# harness or collar?



## loving_my_toys (Mar 26, 2010)

For Toy Poodles do you recommend harnesses or collars? I have been using a harness with Max and Copper, but I think collars might be easier. I want to use what is best for them. This is for leisurely walks around the neighborhood and when we visit the pet store mostly.


----------



## 4Paws (Dec 11, 2010)

I personally find that small dogs do much better with a harness. If you are out on sidewalks, then I recommend a harness. I watched my friend's small but fearless dog take on a much larger dog in a fight. I'm not saying your dogs will, but he went over and snatched the dog by his harness, lifting him up and out of the tussle in one sweeping motion. Since then, I've been sold on the harness. I like it better for my mini puppy, plus he just pulls on the collar and makes himself cough. The harness makes for a quick rescue, and you can attach rabies/ID tags to it just the same way.


----------



## Prissy'sDestiny (Mar 31, 2009)

With my toy Poodle and Yorkie I always use a harness. Using a collar on a toy breed can cause a collapsed trachea.


----------



## ArreauStandardPoodle (Sep 1, 2009)

I do not like harnesses at all, for any dog. They can ride up and throw out a dog's elbows. A slip collar would give you lots of control. If a pup is pulling, the collar would tighten, like a choke collar.


----------



## sschoe2 (Mar 16, 2011)

ArreauStandardPoodle said:


> I do not like harnesses at all, for any dog. They can ride up and throw out a dog's elbows. A slip collar would give you lots of control. If a pup is pulling, the collar would tighten, like a choke collar.

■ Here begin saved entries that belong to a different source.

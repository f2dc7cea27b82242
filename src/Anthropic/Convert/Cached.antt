-- ===== src/Anthropic/Convert/Cached.antt =====
-- The cache control changes no call and no answer, so the whole request is answered.
use kern_proxy.Base.{
  ℕ, ◌≡◌, refl, sym, ap, ◌∙◌, ◌||◌, Option, none, some, List, [], ◌∷◌, String, Bool-cases, inl, inr,
}
use kern_proxy.Base.Int.{ℤ}
use kern_proxy.Messages.{Message, Model}
use kern_proxy.Transform.Orphans.Settled.{insert-IsSettled}
use kern_proxy.Transform.Pipeline.{transform_messages}
use kern_proxy.Anthropic.Convert.Answers.{
  use_id, result_id, calls, has_result, content_calls, content_has_result, answers, AllAnswered,
  convert_all-AllAnswered,
}
use kern_proxy.Anthropic.Convert.{
  CacheControl, takes_cache, cache_content, WireBlock, Content, Role, WireMessage, Options,
  cache_last_block, cache_message, apply_cache_control, convert_messages,
}

cache-calls :
    (id : String) (c : CacheControl) (bs : List WireBlock)
    → calls id (cache_last_block c bs) ≡ calls id bs
unfolding cache_last_block
cache-calls id c [] = refl
cache-calls id c (b ∷ []) = elim (Bool-cases (takes_cache b.block)) [
  | inl e ↦ simp e refl
  | inr e ↦ simp e refl
]
cache-calls id c (b ∷ d ∷ bs) = ap (λ r. use_id id b.block || r) (cache-calls id c (d ∷ bs))

cache-has_result :
    (id : String) (c : CacheControl) (bs : List WireBlock)
    → has_result id (cache_last_block c bs) ≡ has_result id bs
unfolding cache_last_block
cache-has_result id c [] = refl
cache-has_result id c (b ∷ []) = elim (Bool-cases (takes_cache b.block)) [
  | inl e ↦ simp e refl
  | inr e ↦ simp e refl
]
cache-has_result id c (b ∷ d ∷ bs) =
    ap (λ r. result_id id b.block || r) (cache-has_result id c (d ∷ bs))

content-calls :
    (id : String) (c : CacheControl) (w : Content)
    → content_calls id (cache_content c w) ≡ content_calls id w
content-calls id c (Content.plain t) = refl
content-calls id c (Content.blocks bs) = cache-calls id c bs

content-has_result :
    (id : String) (c : CacheControl) (w : Content)
    → content_has_result id (cache_content c w) ≡ content_has_result id w
content-has_result id c (Content.plain t) = refl
content-has_result id c (Content.blocks bs) = cache-has_result id c bs

-- The last message keeps its calls, and what it answers.
message-same :
    (id : String) (c : CacheControl) (role : Role) (w : WireMessage)
    → w.role ≡ role
    → (content_calls id (cache_message c role w).content ≡ content_calls id w.content)
      × (answers id (cache_message c role w ∷ []) ≡ answers id (w ∷ []))
message-same id c Role.user w e =
    (content-calls id c w.content, simp e (content-has_result id c w.content))
message-same id c Role.assistant w e = (refl, refl)

answers-cache :
    (id : String) (c : Option CacheControl) (ws : List WireMessage)
    → answers id (apply_cache_control c ws) ≡ answers id ws
unfolding apply_cache_control
answers-cache id none ws = refl
answers-cache id (some c) [] = refl
answers-cache id (some c) (w ∷ []) = (message-same id c w.role w refl).1
answers-cache id (some c) (w ∷ v ∷ ws) = refl

cache-AllAnswered :
    (c : Option CacheControl) (ws : List WireMessage)
    → AllAnswered ws
    → AllAnswered (apply_cache_control c ws)
unfolding apply_cache_control
cache-AllAnswered none ws h = h
cache-AllAnswered (some c) [] h = h
cache-AllAnswered (some c) (w ∷ []) h =
    (λ id k. h.0 id (sym (message-same id c w.role w refl).0 ∙ k), tt)
cache-AllAnswered (some c) (w ∷ v ∷ ws) h =
    (λ id k. answers-cache id (some c) (v ∷ ws) ∙ h.0 id k, cache-AllAnswered (some c) (v ∷ ws) h.1)

-- For every conversation, whatever the model, the options, the cache control and the clock: in the
-- messages of the request each tool call is answered by a tool result with its id in the message right
-- behind it, which is one of the user.
pub convert_messages-AllAnswered :
    (now : ℕ → ℤ) (o : Options) (ms : List Message) (model : Model) (cache : Option CacheControl)
    → AllAnswered (convert_messages now o ms model cache)
unfolding convert_messages transform_messages
convert_messages-AllAnswered now o ms model cache =
    cache-AllAnswered cache _ (convert_all-AllAnswered o _ (insert-IsSettled now _))
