-- ===== src/Sse.antt =====
-- ai/internal/sse/sse.go: the reader of server-sent events. The bytes that the `io.Reader` has yet
-- to give are a list: `ReadByte` hides how they come in chunks, and the end of the list is
-- `io.EOF`. `next` is the loop of `Next` with that of `readLine` inside it.
pub mod Encode
pub mod Torn
pub mod RoundTrip
pub mod LineEnds
use kern_proxy.Base.{
  ℕ, Bool, true, false, not, ◌&&◌, ◌||◌, Option, none, some, List, [], ◌∷◌, ◌++◌, ◌==◌,
  if◌then◌else◌,
}
use kern_proxy.Base.Bytes.{Bytes, codes, eq_bytes}

pub record Event : Type 0 where
  pub event : Bytes
  pub payload : Bytes
  pub id : Bytes
  pub retry : Bytes

abbrev pub empty : Event
empty = record { event = []; payload = []; id = []; retry = [] }

pub record Reader : Type 0 where
  pub pending_lf : Bool
  pub line : Bytes
  pub event : Event
  pub has_data : Bool
  pub data_buf : Bytes

-- `NewReader`
abbrev pub new_reader : Reader
new_reader = record {
  pending_lf = false;
  line = [];
  event = empty;
  has_data = false;
  data_buf = [];
}

abbrev pub is_empty : Bytes → Bool
is_empty [] = true
is_empty (_ ∷ _) = false

-- `strings.Cut(line, ":")`, with `field, value = line, ""` where there is no colon.
unfoldable pub cut : Bytes → Bytes × Bytes
cut [] = ([], [])
cut (c ∷ s) = let (field, value) = cut s in if c == b':' then ([], s) else (c ∷ field, value)

-- `strings.TrimPrefix(value, " ")`
unfoldable pub trim_space : Bytes → Bytes
trim_space [] = []
trim_space (c ∷ s) = if c == b' ' then s else c ∷ s

-- The `switch field`.
unfoldable pub set_field : Reader → Bytes → Bytes → Reader
unfolding eq_bytes
set_field r field value =
    if eq_bytes field (codes "event")
    then record r { event = record r.event { event = value } }
    else if eq_bytes field (codes "data")
    then record r {
      data_buf = (if r.has_data then r.data_buf ++ b'\n' ∷ [] else r.data_buf) ++ value;
      has_data = true;
    }
    else if eq_bytes field (codes "id")
    then record r { event = record r.event { id = value } }
    else if eq_bytes field (codes "retry")
    then record r { event = record r.event { retry = value } }
    else r

abbrev is_comment : Bytes → Bool
is_comment [] = false
is_comment (c ∷ _) = c == b':'

unfoldable pub consume_field_line : Reader → Bytes → Reader
unfolding cut trim_space set_field
consume_field_line r line =
    if is_comment line
    then r
    else let (field, value) = cut line in set_field r field (trim_space value)

-- `p.hasData || p.event.Event != "" || p.event.ID != "" || p.event.Retry != ""`
abbrev carries : Reader → Bool
carries r =
    r.has_data
    || not (is_empty r.event.event)
    || not (is_empty r.event.id)
    || not (is_empty r.event.retry)

-- What `Next` does with a line that `readLine` has returned.
unfoldable pub end_line : Reader → Option Event × Reader
unfolding consume_field_line
end_line r =
    let s = record r { line = [] } in
    if not (is_empty r.line)
    then (none, consume_field_line s r.line)
    else if carries r
    then (
      some (record r.event { payload = r.data_buf }),
      record s { event = empty; has_data = false; data_buf = [] },
    )
    else (none, s)

-- One round of the loop of `readLine` on the byte that `ReadByte` gave, and what `Next` does if
-- that byte ends a line.
unfoldable pub read_byte : Reader → ℕ → Option Event × Reader
unfolding end_line
read_byte r b =
    if r.pending_lf && b == b'\n'
    then (none, record r { pending_lf = false })
    else if b == b'\n' || b == b'\r'
    then end_line (record r { pending_lf = b == b'\r' })
    else (none, record r { pending_lf = false; line = r.line ++ b ∷ [] })

pub data Outcome : Type 0 where
  eof : Outcome
  event : Event → Reader → Bytes → Outcome

-- `Next`: an event, with the reader and the bytes that are left, or `io.EOF`.
unfoldable pub next : Reader → Bytes → Outcome
next r [] = Outcome.eof
next r (b ∷ s) =
    let (found, r') = read_byte r b in
    elim found [ none ↦ next r' s | some e ↦ Outcome.event e r' s ]

-- All that `Next` returns when it is called until `io.EOF`.
unfoldable pub read_all : Reader → Bytes → List Event
read_all r [] = []
read_all r (b ∷ s) =
    let (found, r') = read_byte r b in
    let rest = read_all r' s in elim found [ none ↦ rest | some e ↦ e ∷ rest ]
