-- ===== src/Lib.antt =====
-- A model of the browser client of Roost Assured, a marketplace of chicken keepers and the sitters
-- who look after their flocks: the React application under app/frontend. The Ruby server is not
-- modelled; what it answers is an argument of the handlers.
--
-- The parts and their files.
-- - Common: names passed on, tests on numbers and texts, lists, the `Set` of the source, and `Node`,
--   what a component draws, as a list in document order without styling.
-- - Calendar: dates and their keys YYYY-MM-DD (Calendar/Dates, Calendar/Texts), CalendarPicker.jsx
--   (Calendar/Picker) and RequestedDatesCalendar.jsx (Calendar/Requested), both of
--   app/frontend/components.
-- - Api: app/frontend/lib/api.js. `request` is two halves, `build_request` up to the call of fetch
--   and `settle` from its answer on.
-- - JobRequests: app/frontend/pages/JobRequests.jsx; JobRequests/Board is the page, JobRequests/
--   BidModal the form for a bid, JobRequests/JobCard the card of an accepted job.
-- - Visitors: WaitlistForm.jsx, SittingWindowForm.jsx and ZipSearchForm.jsx of
--   app/frontend/components; Visitors/Waiting the first of them on the page of Home.
-- - SignIn: app/frontend/context/AuthContext.jsx, app/frontend/components/RequireAuth.jsx and
--   app/frontend/pages/Login.jsx.
-- - Admin: app/frontend/pages/admin/AdminLayout.jsx, with the session storage of Api.
-- - Account: app/frontend/pages/Account.jsx; Account/Fields its named values, Account/Sitter its
--   listing and application, Account/Sitter/Parts how they are sent, Account/Events what can happen to
--   it, Account/Render what it draws.
-- - Home: app/frontend/pages/Home.jsx; Home/Records what the server sends, Home/Landing its first
--   section, Home/BidCard the card of a bid, Home/Rating the form to rate a sitter, Home/Render the page,
--   Home/Visits what can happen to it.
-- - Wizards: the forms of several steps, app/frontend/pages/Signup.jsx (Wizards/SignupForm and
--   Wizards/Signup) and app/frontend/components/CareRequestModal.jsx, with Checklist.jsx and Stepper.jsx of
--   app/frontend/components and app/frontend/lib/flockOptions.js.
-- - Paged: app/frontend/hooks/usePaginated.js and app/frontend/components/Pagination.jsx.
-- - Messages: app/frontend/components/MessageThread.jsx.
-- - Blocks: app/frontend/components/BlockReportMenu.jsx.
-- The pages use the calendars, whose lists of dates they keep, and all calls to the server go
-- through Api; a call's outcome comes to a handler as `Settled`.
--
-- How the code is read.
-- - The state of a component is a record with a field for each `useState`. A handler is a function
--   from the state to the new state, with what it hands to its parent or sends to the server. A
--   handler that awaits the server is two functions, `..._start` and `..._finish`, so that other
--   events can come between them; the second takes what the first had closed over, where that
--   matters.
-- - The events of a component are a data type with a step function, or, for the sign-up form, a
--   relation `Move` whose constructors are the moves that the page offers.
-- - A date is a record of year, month and day, as local midnight; `new Date(year, ...)` takes the
--   years 0 to 99 for 1900 to 1999, a text does not; a key is the list of its code units. Texts that
--   are only passed on and tested are native strings. Numbers are ℕ; where the source may go below 0
--   the sign is written out.
-- - Only the loop of `applyRange` runs on fuel: the distance of the two dates with 31 days to each
--   month, which no sequence of days exceeds. `decimal` has fuel for 7 digits, more than years and
--   counts here have.
--
-- Not modelled: fetch, JSON, Base64, the clock and time zones, which are parameters or left out;
-- the browser's own checks of fields, so that the runs here are more than the real ones; styling;
-- maps, payment fields and other third-party widgets; the tables of app/frontend/pages/admin, and of
-- app/frontend/pages the forms for passwords and the pages about sitters and the law.
pub mod Common
pub mod Calendar
pub mod Api
pub mod SignIn
pub mod Visitors
pub mod Account
pub mod Admin
pub mod Home
pub mod JobRequests
pub mod Wizards
pub mod Paged
pub mod Messages
pub mod Blocks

I have been watching a lot of Cesar Milan Dog Whisperer. He hates harnesses unless it is pulling something. He is a firm believer in walking the dog in a submissive unexcited state. The harness is designed for pulling. The lead is designed for control. The dog should learn to walk with you in front or beside you without pulling you. If the dog pulls you or is in front it is being dominant and that is stressful to the dog and can foster bad behavior.


----------



## ArreauStandardPoodle (Sep 1, 2009)

sschoe2 said:


> I have been watching a lot of Cesar Milan Dog Whisperer. He hates harnesses unless it is pulling something. He is a firm believer in walking the dog in a submissive unexcited state. The harness is designed for pulling. The lead is designed for control. The dog should learn to walk with you in front or beside you without pulling you. If the dog pulls you or is in front it is being dominant and that is stressful to the dog and can foster bad behavior.


I agree with Caesar entirely. If the dog is pulling on the lead, a slip collar should be all you need, with a lot of consistency on the dog walker's behalf.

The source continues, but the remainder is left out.